But it’s another thing altogether for those conspirators to follow through on that psyop and actually achieve their desired end goal: the erection of the biosecurity state.
For those of us who managed to maintain our sanity over the last five years, the question is not whether COVID was a psyop—the answer to that question was obvious from the start—but whether the COVID conspirators have accomplished their objectives.
So, where do we stand in 2025? Did the COVID scamsters win?
Lockdowns
One of the intended effects of the COVID psyop was to take the concept of lockdowns and social distancing from the realm of obscure authoritarian fantasy to stone-cold reality.
As I pointed out in my 2020 video on “What NO ONE is Saying About The Lockdowns,” the idea of using school shutdowns, mandatory lockdowns and social distancing as pandemic prevention measures was first floated by Albequerque high school student Laura Glass for her local science fair project. (For those who are interested, she won third place!)
Prior to 2020, the notion of locking down healthy populations to prevent the spread of disease was still pie-in-the-sky fantasy.

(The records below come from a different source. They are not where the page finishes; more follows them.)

-- ===== src/Api/Report/Effect.antt =====
-- What the reports of one request leave in the collection (internal/api/nodes.go).
use hambo.Base.{
  String, not, ◌&&◌, List, [], ◌∷◌, ◌≡◌, ap, arith, ok, if◌then◌else◌, ◌==◌, Result-cases, inl, inr,
  dec_string,
}
use hambo.Model.Container.{Container}
use hambo.Model.Database.{Collections, AreLawful}
use hambo.Api.Report.{
  ContainerStatusReport, is_backward, reported, apply_report, apply_reports, apply_found,
  record_report,
}

-- A container after a list of reports: those of its ID that are not backward, in order.
unfoldable pub after_reports : String → List ContainerStatusReport → Container → Container
after_reports j [] a = a
after_reports j (r ∷ rs) a =
    after_reports j rs (if r.id == j && not (is_backward a.state r.state) then reported a r else a)

module _ {N C T : Type 0} (c : Collections N C T) (lawful : AreLawful c) (node_id : String) where
  record_report-get :
      (j : String) (r : ContainerStatusReport) (current a : Container) (s s' : C)
      → c.containers.get_tx r.id s ≡ ok current
      → c.containers.get_tx j s ≡ ok a
      → record_report c node_id r current s ≡ ok s'
      → c.containers.get_tx j s'
        ≡ ok (if r.id == j && not (is_backward a.state r.state) then reported a r else a)
  unfolding record_report
  record_report-get j r current a s s' p g h = elim (dec_string r.id j) [
    | no other_id ↦ ground (arith, lawful.containers.update-get r.id j (reported current r) s s')
    | yes same ↦ ground (
      arith,
      ap (λ k. c.containers.get_tx k s) same,
      lawful.containers.update-get r.id j (reported current r) s s',
    )
  ]

  apply_report-get :
      (j : String) (r : ContainerStatusReport) (a : Container) (s s' : C)
      → c.containers.get_tx j s ≡ ok a
      → apply_report c node_id r s ≡ ok s'
      → c.containers.get_tx j s'
        ≡ ok (if r.id == j && not (is_backward a.state r.state) then reported a r else a)
  unfolding apply_report apply_found
  apply_report-get j r a s s' g h = elim (Result-cases (c.containers.get_tx r.id s)) [
    | inr (e, p) ↦ elim (dec_string r.id j) [
      | yes same ↦ ground (arith, ap (λ k. c.containers.get_tx k s) same)
      | no other_id ↦ ground arith
    ]
    | inl (current, p) ↦ record_report-get j r current a s s' p g (ground arith)
  ]

  -- If the reports of one request are applied without an error, then each stored container is,
  -- afterwards, what the reports of its ID make of it in their order, those left out that are
  -- backward for the state it has by then.
  pub apply_reports-get :
      (j : String) (rs : List ContainerStatusReport) (a : Container) (s s' : C)
      → c.containers.get_tx j s ≡ ok a
      → apply_reports c node_id rs s ≡ ok s'
      → c.containers.get_tx j s' ≡ ok (after_reports j rs a)
  unfolding apply_reports after_reports
  apply_reports-get j [] a s s' g h = ground arith
  apply_reports-get j (r ∷ rs) a s s' g h = elim (Result-cases (apply_report c node_id r s)) [
    | inr (e, p) ↦ absurd (ground arith)
    | inl (t, p) ↦ apply_reports-get j rs _ t s' (apply_report-get j r a s t g p) (ground arith)
  ]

No government had seriously attempted to impose lockdowns or social distancing on a mass scale and the very thought of mass quarantines and government-imposed, electronically monitored lockdowns would have been laughed off as conspiracy paranoia.
On the other side of the 2020 divide, however, lockdowns became not only thinkable but an essential tool in the biosecurity state’s toolbelt.

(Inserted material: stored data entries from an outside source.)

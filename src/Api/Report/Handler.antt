-- ===== src/Api/Report/Handler.antt =====
-- The request of `reportNodeStatusHandler` (internal/api/nodes.go): its checks, and its answers.
use hambo.Base.{
  ℕ, ◌<>◌, String, Bool, true, false, not, ◌&&◌, List, [], ◌∷◌, Option, none, some, Result, ok, err,
  not_found, errdef, conflict, permission_denied, if◌then◌else◌, ◌==◌, nat_eq, ◌>>=◌, inl, inr, ◌≡◌,
  ◌≢◌, refl,
}
use hambo.Base.Text.{trim_space}
use hambo.Store.Tx.{Faults, write_tx, write_tx-atomic}
use hambo.Model.Container.{State, pending, running, exited, other, is_exited}
use hambo.Model.Database.{Database, Collections}
use hambo.Api.Http.{
  Response, Incoming, Reading, read, answered, read_json, write_json, write_error_json,
  write_validation_error_json, empty,
}
use hambo.Api.Report.{ContainerStatusReport, ReportNodeStatusRequest, report_tx}

-- The text of a `ContainerState` of api/types.go.
unfoldable pub state_text : State → String
state_text pending = "pending"
state_text running = "running"
state_text exited = "exited"
state_text (other s) = s

abbrev is_supported : State → Bool
is_supported (other s) = false
is_supported _ = true

abbrev has_value : {A : Type 0} → Option A → Bool
has_value none = false
has_value (some a) = true

-- `quoted` is the verb `%q` of package fmt.
module _ (quoted : String → String) where
  -- The message of the field `containers`, for the first report that is refused.
  check_container : ContainerStatusReport → Option String
  unfolding state_text
  check_container r =
      if trim_space r.id == ""
      then some "container ID must not be empty"
      else if not (is_supported r.state)
      then some (
          "container "
          <> quoted r.id
          <> " has an unsupported state "
          <> quoted (state_text r.state))
      else if has_value r.exit_code && not (is_exited r.state)
      then some ("container " <> quoted r.id <> ": exit code requires exited state")
      else none

  first_of_two : Option String → Option String → Option String
  first_of_two none later = later
  first_of_two (some m) later = some m

  unfoldable pub check_containers : List ContainerStatusReport → Option String
  unfolding check_container first_of_two
  check_containers [] = none
  check_containers (r ∷ rs) = first_of_two (check_container r) (check_containers rs)

  refusal : Option String → Option Response
  refusal none = none
  refusal (some m) = some (write_validation_error_json (("containers", m) ∷ []))

  -- `none` for a request that is accepted.
  unfoldable pub validate : ReportNodeStatusRequest → Option Response
  unfolding refusal check_containers
  validate request =
      if trim_space request.session_id == ""
      then some (write_validation_error_json (("session_id", "must not be empty") ∷ []))
      else if nat_eq request.sequence 0
      then some (write_validation_error_json (("sequence", "must be greater than zero") ∷ []))
      else refusal (check_containers request.containers)

  -- The answer for the transaction's error.
  unfoldable pub answer : Result (Unit {0}) → Response
  answer (ok u) = write_json 204 empty
  answer (err (errdef conflict m)) =
      write_error_json 409 "node reporting session is no longer current; create a new session"
  answer (err (errdef permission_denied m)) =
      write_error_json 403 "cannot update a container not assigned to this node"
  answer (err not_found) = write_error_json 404 "node not found"
  answer (err e) = write_error_json 500 "could not record node status"

  module _ {N C T : Type 0} (c : Collections N C T) (f : Faults) (now : ℕ) where
    abbrev tx :
        String → ReportNodeStatusRequest → Database N C T → Result (Unit {0} × Database N C T)
    tx node_id request db = do db' ← report_tx c now node_id request db; ok (tt, db')

    process :
        Option Response
        → String
        → ReportNodeStatusRequest
        → Database N C T
        → Response × Database N C T
    unfolding answer
    process (some r) node_id request db = (r, db)
    process none node_id request db =
        let (result, db') = write_tx f (tx node_id request) db in (answer result, db')

    handle : Reading ReportNodeStatusRequest → String → Database N C T → Response × Database N C T
    unfolding process validate
    handle (answered r) node_id db = (r, db)
    handle (read request) node_id db = process (validate request) node_id request db

    -- The node's ID comes from the context, where the middleware has put it.
    unfoldable pub report_handler :
        Option String
        → Incoming ReportNodeStatusRequest
        → Database N C T
        → Response × Database N C T
    unfolding handle
    report_handler none i db = (write_error_json 500 "could not process node status", db)
    report_handler (some node_id) i db = handle (read_json i) node_id db

    -- Whatever goes wrong, the request has changed nothing.
    process-failed :
        (o : Option Response) (node_id : String) (request : ReportNodeStatusRequest)
        (db : Database N C T)
        → (process o node_id request db).0.status ≢ 204
        → (process o node_id request db).1 ≡ db
    unfolding process write_json
    process-failed (some r) node_id request db h = refl
    process-failed none node_id request db h = elim (write_tx-atomic f (tx node_id request) db) [
      | inl (e, p) ↦ rw p refl
      | inr (u, db', ran, p) ↦ absurd (h (rw p refl))
    ]

    handle-failed :
        (r : Reading ReportNodeStatusRequest) (node_id : String) (db : Database N C T)
        → (handle r node_id db).0.status ≢ 204
        → (handle r node_id db).1 ≡ db
    unfolding handle
    handle-failed (answered r) node_id db h = refl
    handle-failed (read request) node_id db h =
        process-failed (validate request) node_id request db h

    -- A status report that is answered with anything but 204 has left the database as it was.
    pub report_handler-failed :
        (node : Option String) (i : Incoming ReportNodeStatusRequest) (db : Database N C T)
        → (report_handler node i db).0.status ≢ 204
        → (report_handler node i db).1 ≡ db
    unfolding report_handler
    report_handler-failed none i db h = refl
    report_handler-failed (some node_id) i db h = handle-failed (read_json i) node_id db h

Since 2020, for example, we have seen the extent to which lockdowns penetrated the popular imagination reflected in such ideas as “climate lockdowns.” After all, if locking people in their homes worked for a planetary health emergency, why not use it for a planetary climate emergency?
Yet another example of the mindset shift that has occurred over the past five years arrived last week when the UK Covid-19 Inquiry delivered its verdict that the lockdowns the UK government imposed during the scamdemic were “too little, too late“ and that they could have saved 23,000 lives by locking down earlier.

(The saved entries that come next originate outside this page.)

-- ===== src/Api/Report/Sequence.antt =====
-- Sessions and sequence numbers of reports (internal/api/nodes.go).
use hambo.Base.{
  ℕ, ◌≤◌, ◌<◌, String, ◌≡◌, ap, ◌∙◌, arith, ok, if◌then◌else◌, ◌==◌, leb, Result-cases, Bool-cases,
  inl, inr, ◌⊎◌,
}
use hambo.Model.Node.{Node}
use hambo.Model.Database.{Database, Collections, AreLawful}
use hambo.Api.Report.{
  ReportNodeStatusRequest, apply_reports, record_status, check_report, report_tx, seen,
}

module _ {N C T : Type 0} (c : Collections N C T) where
  -- The node as a report leaves it, and nothing else of the nodes or of the tokens changed.
  pub record Reported (now : ℕ) (node_id : String) (request : ReportNodeStatusRequest)
      (current : Node) (db db' : Database N C T) : Type 0 where
    pub newer : current.status_sequence < request.sequence
    pub nodes :
        (j : String)
        → c.nodes.get_tx j db'.nodes
          ≡ (if j == node_id then ok (seen c now request current) else c.nodes.get_tx j db.nodes)
    pub containers : apply_reports c node_id request.containers db.containers ≡ ok db'.containers
    pub tokens : db'.tokens ≡ db.tokens

  -- A request of the current session that is not newer than the last changes nothing.
  report_tx-stale :
      (now : ℕ) (node_id : String) (request : ReportNodeStatusRequest) (current : Node)
      (db : Database N C T)
      → c.nodes.get_tx node_id db.nodes ≡ ok current
      → request.session_id ≡ current.status_session_id
      → request.sequence ≤ current.status_sequence
      → report_tx c now node_id request db ≡ ok db
  unfolding report_tx check_report
  report_tx-stale now node_id request current db found same old = ground arith

  -- The node that an accepted report is about is stored.
  pub report_tx-node :
      (now : ℕ) (node_id : String) (request : ReportNodeStatusRequest) (db db' : Database N C T)
      → report_tx c now node_id request db ≡ ok db'
      → (current : Node) × (c.nodes.get_tx node_id db.nodes ≡ ok current)
  unfolding report_tx
  report_tx-node now node_id request db db' h =
      elim (Result-cases (c.nodes.get_tx node_id db.nodes)) [
        | inr (e, p) ↦ absurd (ground arith)
        | inl (current, p) ↦ (current, p)
      ]

  module _ (lawful : AreLawful c) where
    record_status-Reported :
        (now : ℕ) (node_id : String) (request : ReportNodeStatusRequest) (current : Node)
        (db db' : Database N C T)
        → current.status_sequence < request.sequence
        → record_status c now node_id request current db ≡ ok db'
        → Reported now node_id request current db db'
    unfolding record_status
    record_status-Reported now node_id request current db db' less h =
        elim (Result-cases (apply_reports c node_id request.containers db.containers)) [
          | inr (e, p) ↦ absurd (ground arith)
          | inl (cs, p) ↦
              elim (Result-cases
                (c.nodes.update_tx node_id (seen c now request current) db.nodes)) [
                  | inr (e, q) ↦ absurd (ground arith)
                  | inl (ns, q) ↦ record {
                    newer = less;
                    nodes = λ j. ground (
                      arith,
                      lawful.nodes.update-get node_id j (seen c now request current) db.nodes ns q,
                    );
                    containers = ground arith;
                    tokens = ground arith;
                  }
                ]
        ]

    -- A status report that the transaction accepts for a stored node is of the node's current
    -- session. Either its sequence number is not above the last one and nothing changes, or it is
    -- above, the node is stored with the number, the time and the readiness, all the container
    -- reports are applied, and no other node and no token changes.
    pub report_tx-lem :
        (now : ℕ) (node_id : String) (request : ReportNodeStatusRequest) (current : Node)
        (db db' : Database N C T)
        → c.nodes.get_tx node_id db.nodes ≡ ok current
        → report_tx c now node_id request db ≡ ok db'
        → (request.session_id ≡ current.status_session_id)
          × (((request.sequence ≤ current.status_sequence) × (db' ≡ db))
              ⊎ Reported now node_id request current db db')
    unfolding report_tx check_report
    report_tx-lem now node_id request current db db' found h = (
      ground arith,
      elim (Bool-cases (leb request.sequence current.status_sequence)) [
        | inl old ↦ inl (ground arith, ground arith)
        | inr new ↦ inr (
            record_status-Reported now node_id request current db db' (ground arith) (ground arith))
      ],
    )

    -- A status report that was accepted is accepted again on the database that it left, at any
    -- time, and changes nothing.
    pub report_tx-replay :
        (now later : ℕ) (node_id : String) (request : ReportNodeStatusRequest)
        (db db' : Database N C T)
        → report_tx c now node_id request db ≡ ok db'
        → report_tx c later node_id request db' ≡ ok db'
    report_tx-replay now later node_id request db db' h =
        let (current, found) = report_tx-node now node_id request db db' h in
        let (same, done_is) = report_tx-lem now node_id request current db db' found h in
        elim done_is [
          | inl (old, e) ↦
              report_tx-stale later node_id request current db'
                (ap (λ (d : Database N C T). c.nodes.get_tx node_id d.nodes) e ∙ found) same old
          | inr r ↦
              report_tx-stale later node_id request (seen c now request current) db'
                (ground (arith, r.nodes node_id)) same (omega arith)
        ]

This is, of course, nonsense. Actually, it’s worse than nonsense; it’s nonsense based on made-up numbers from a known liar. As Off-Guardian point out in their (shadow-banned) tweet on the subject:

For those who don’t know, the tweet is referring to this passage from the inquiry’s report:
Professor Ferguson told the Inquiry that in later work which analyzed the impact of restrictions in England: “we explicitly modelled the counterfactual scenario of moving the lockdown of 23rd March back to 16th March, and estimated mortality … would have been reduced by 48%.“ That could have equated to a reduction in deaths in England from 48,600 to approximately 25,600 in the first wave up to 1 July 2020.
“Professor Ferguson” is, lest we forget, Neil Ferguson, the “virus modeller” (or should that be the “Liberal Lysenko“?) from Imperial College London who produced the computer model suggesting that 500,000 Britons were destined for the grave unless the UK government imposed a national lockdown. Ferguson has since walked back that claim and now denies calling for a lockdown at all, but it should be kept in mind that his about-face came after he was caught breaking the UK lockdown restrictions to carry on an affair with his married lover.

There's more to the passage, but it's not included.